The state's GOP primary for U.S. Senate has all the ingredients for an ideological powder keg. It pits the sitting governor, Charlie Crist, who embraced President Barack Obama's spending plan, against a scrappy former state lawmaker, Marco Rubio, who's become a darling of the conservative movement.

And it's all happening in the nation's biggest swing state, which typically leans Republican but fell for Obama in the 2008 election and has five statewide seats that will be up for grabs in 2010.

Some conservative groups active in a New York congressional race that forced out a moderate Republican say Florida is next on their agenda.

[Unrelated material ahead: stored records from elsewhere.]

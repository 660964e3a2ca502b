-- ===== src/Thing/Indexed.antt =====
-- pkg/model/thing/manager.go: the maps that `CreateThingType` fills beside the lists.
use mathlib.Core.Path.{subst}
use harns.Prelude.{
  ℕ, suc, ◌≡◌, refl, sym, ap, ◌∙◌, inl, inr, false, none, some, List, [], ◌∷◌, ◌++◌, Bool-cases,
  if◌then◌else◌, or_else, or_else-none, not, ◌&&◌,
}
use harns.Prelude.Bytes.{eq_bytes, eq_bytes→eq}
use harns.Prelude.Dict.{Dict, load, has_key, load_missing}
use harns.Thing.{
  ThingType, Characteristic, NewThingType, NewPropertySet, done, bind_done, guard_done, done-inj,
}
use harns.Thing.Types.{
  Env, trim_space, is_empty, type_id_of, add_characteristics, add_property_sets,
  create_property_set, append_property_set, new_thing_type, create_thing_type,
}
use harns.Thing.Inherit.{values}
use harns.Thing.Nearest.{first_characteristic}
use harns.Thing.Forest.{save_thing_type-entry}

-- The map has, of every name, the first characteristic of the list, and so have its values in turn.
unfoldable pub IsMirrored : ThingType → Type 0
IsMirrored ty =
    (q : List ℕ)
    → (load ty.characteristic_by_name q ≡ first_characteristic ty.characteristics q)
      × (first_characteristic (values ty.characteristic_by_name) q
          ≡ first_characteristic ty.characteristics q)

pub first_characteristic-append :
    (cs ds : List Characteristic) (q : List ℕ)
    → first_characteristic (cs ++ ds) q
      ≡ or_else (first_characteristic cs q) (first_characteristic ds q)
first_characteristic-append [] ds q = refl
first_characteristic-append (c ∷ cs) ds q =
    let rest = first_characteristic-append cs ds q in
    elim (Bool-cases (eq_bytes c.name q)) [ inl e ↦ rw e refl | inr e ↦ rw e rest ]

pub append-IsMirrored :
    (ty : ThingType) (rc : Characteristic)
    → has_key ty.characteristic_by_name rc.name ≡ false
    → IsMirrored ty
    → IsMirrored (record ty {
      characteristics = ty.characteristics ++ rc ∷ [];
      characteristic_by_name = (rc.name, rc) ∷ ty.characteristic_by_name;
    })
unfolding IsMirrored
append-IsMirrored ty rc free mirrored q =
    let (a, b) = mirrored q in
    let d = ty.characteristic_by_name in
    let cs = ty.characteristics in
    let ends : first_characteristic (cs ++ rc ∷ []) q
        ≡ or_else (first_characteristic cs q) (if eq_bytes rc.name q then some rc else none) =
      first_characteristic-append cs (rc ∷ []) q in
    elim (Bool-cases (eq_bytes rc.name q)) [
      | inl e ↦
          let none_before : first_characteristic cs q ≡ none =
            sym a ∙ ap (load d) (sym (eq_bytes→eq rc.name q e)) ∙ load_missing d rc.name free in
          let last : first_characteristic (cs ++ rc ∷ []) q ≡ some rc =
            ends ∙ rw (none_before, e) refl in
          (rw e (sym last), rw e (sym last))
      | inr e ↦
          let last : first_characteristic (cs ++ rc ∷ []) q ≡ first_characteristic cs q =
            ends ∙ rw e (or_else-none (first_characteristic cs q)) in
          (rw e (a ∙ sym last), rw e (b ∙ sym last))
    ]

add_characteristics-IsMirrored :
    (cs : List Characteristic) (ty : ThingType)
    → IsMirrored ty
    → IsMirrored (add_characteristics ty cs)
unfolding add_characteristics
add_characteristics-IsMirrored [] ty m = m
add_characteristics-IsMirrored (c ∷ cs) ty m =
    elim (Bool-cases (has_key ty.characteristic_by_name (trim_space c.name))) [
      | inl q ↦ rw q (add_characteristics-IsMirrored cs ty m)
      | inr q ↦ rw q (
          add_characteristics-IsMirrored cs _
            (append-IsMirrored ty (record c { name = trim_space c.name }) q m))
    ]

add_property_sets-IsMirrored :
    (env : Env) (pss : List NewPropertySet) (i : ℕ) (ty made : ThingType)
    → add_property_sets env i ty pss ≡ done made
    → IsMirrored ty
    → IsMirrored made
unfolding add_property_sets IsMirrored
add_property_sets-IsMirrored env [] i ty made h m = subst IsMirrored (done-inj ty made h) m
add_property_sets-IsMirrored env (ps ∷ pss) i ty made h m =
    elim (Bool-cases (has_key ty.property_set_by_name (trim_space ps.name))) [
      | inl q ↦ add_property_sets-IsMirrored env pss (suc i) ty made (rw q at h) m
      | inr q ↦
          let (rps, e, rest) = bind_done (create_property_set env i ps ty) _ made (rw q at h) in
          add_property_sets-IsMirrored env pss (suc i) (append_property_set ty rps) made rest m
    ]

-- The map of a thing type that is created holds, of every name, the first characteristic that the thing
-- type has of it, and nothing else.
pub create_thing_type-mirrored :
    (env : Env) (types types' : Dict ThingType) (obj : NewThingType) (made : ThingType) (q : List ℕ)
    → create_thing_type env types obj ≡ done (types', made)
    → (load made.characteristic_by_name q ≡ first_characteristic made.characteristics q)
      × (first_characteristic (values made.characteristic_by_name) q
          ≡ first_characteristic made.characteristics q)
unfolding create_thing_type IsMirrored
create_thing_type-mirrored env types types' obj made q h =
    let start = add_characteristics (new_thing_type env obj) obj.characteristics in
    let (fresh, h1) = guard_done (has_key types (type_id_of env.tenant obj.name)) _ _ _ h in
    let (parent, h2) =
      guard_done (not (is_empty obj.parent_type_id) && not (has_key types obj.parent_type_id)) _ _ _
        h1 in
    let (ty, e, kept) = bind_done (add_property_sets env 0 start obj.property_sets) _ _ h2 in
    let (same, saved, s, l) = save_thing_type-entry env types types' ty made kept in
    let mirrored = add_property_sets-IsMirrored env obj.property_sets 0 start ty e (
      add_characteristics-IsMirrored obj.characteristics (new_thing_type env obj)
        (λ q. (refl, refl))) in
    subst IsMirrored same mirrored q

``There's no question that the Florida race is going to be a focal point of the 2010 election cycle, with its classic David-and-Goliath matchup,'' said Mike Connolly, a spokesman for the Club for Growth, an anti-tax group that spent $1 million in the last month in New York. ``There's no question that Florida is going to attract and energize conservatives.''

The group is expected to endorse Rubio in the coming weeks, raising the prospect of an anti-Crist media blitz that could cut into the governor's fivefold fundraising advantage. FreedomWorks, a group that led many of the anti-Obama ``tea party'' rallies nationwide, is also setting its sights on Florida.

``The small government activists and the tea party movement is drawn to Rubio with great enthusiasm, and they're going to assert themselves,'' said FreedomWorks Chairman Dick Armey, a former Republican leader in the House of Representatives.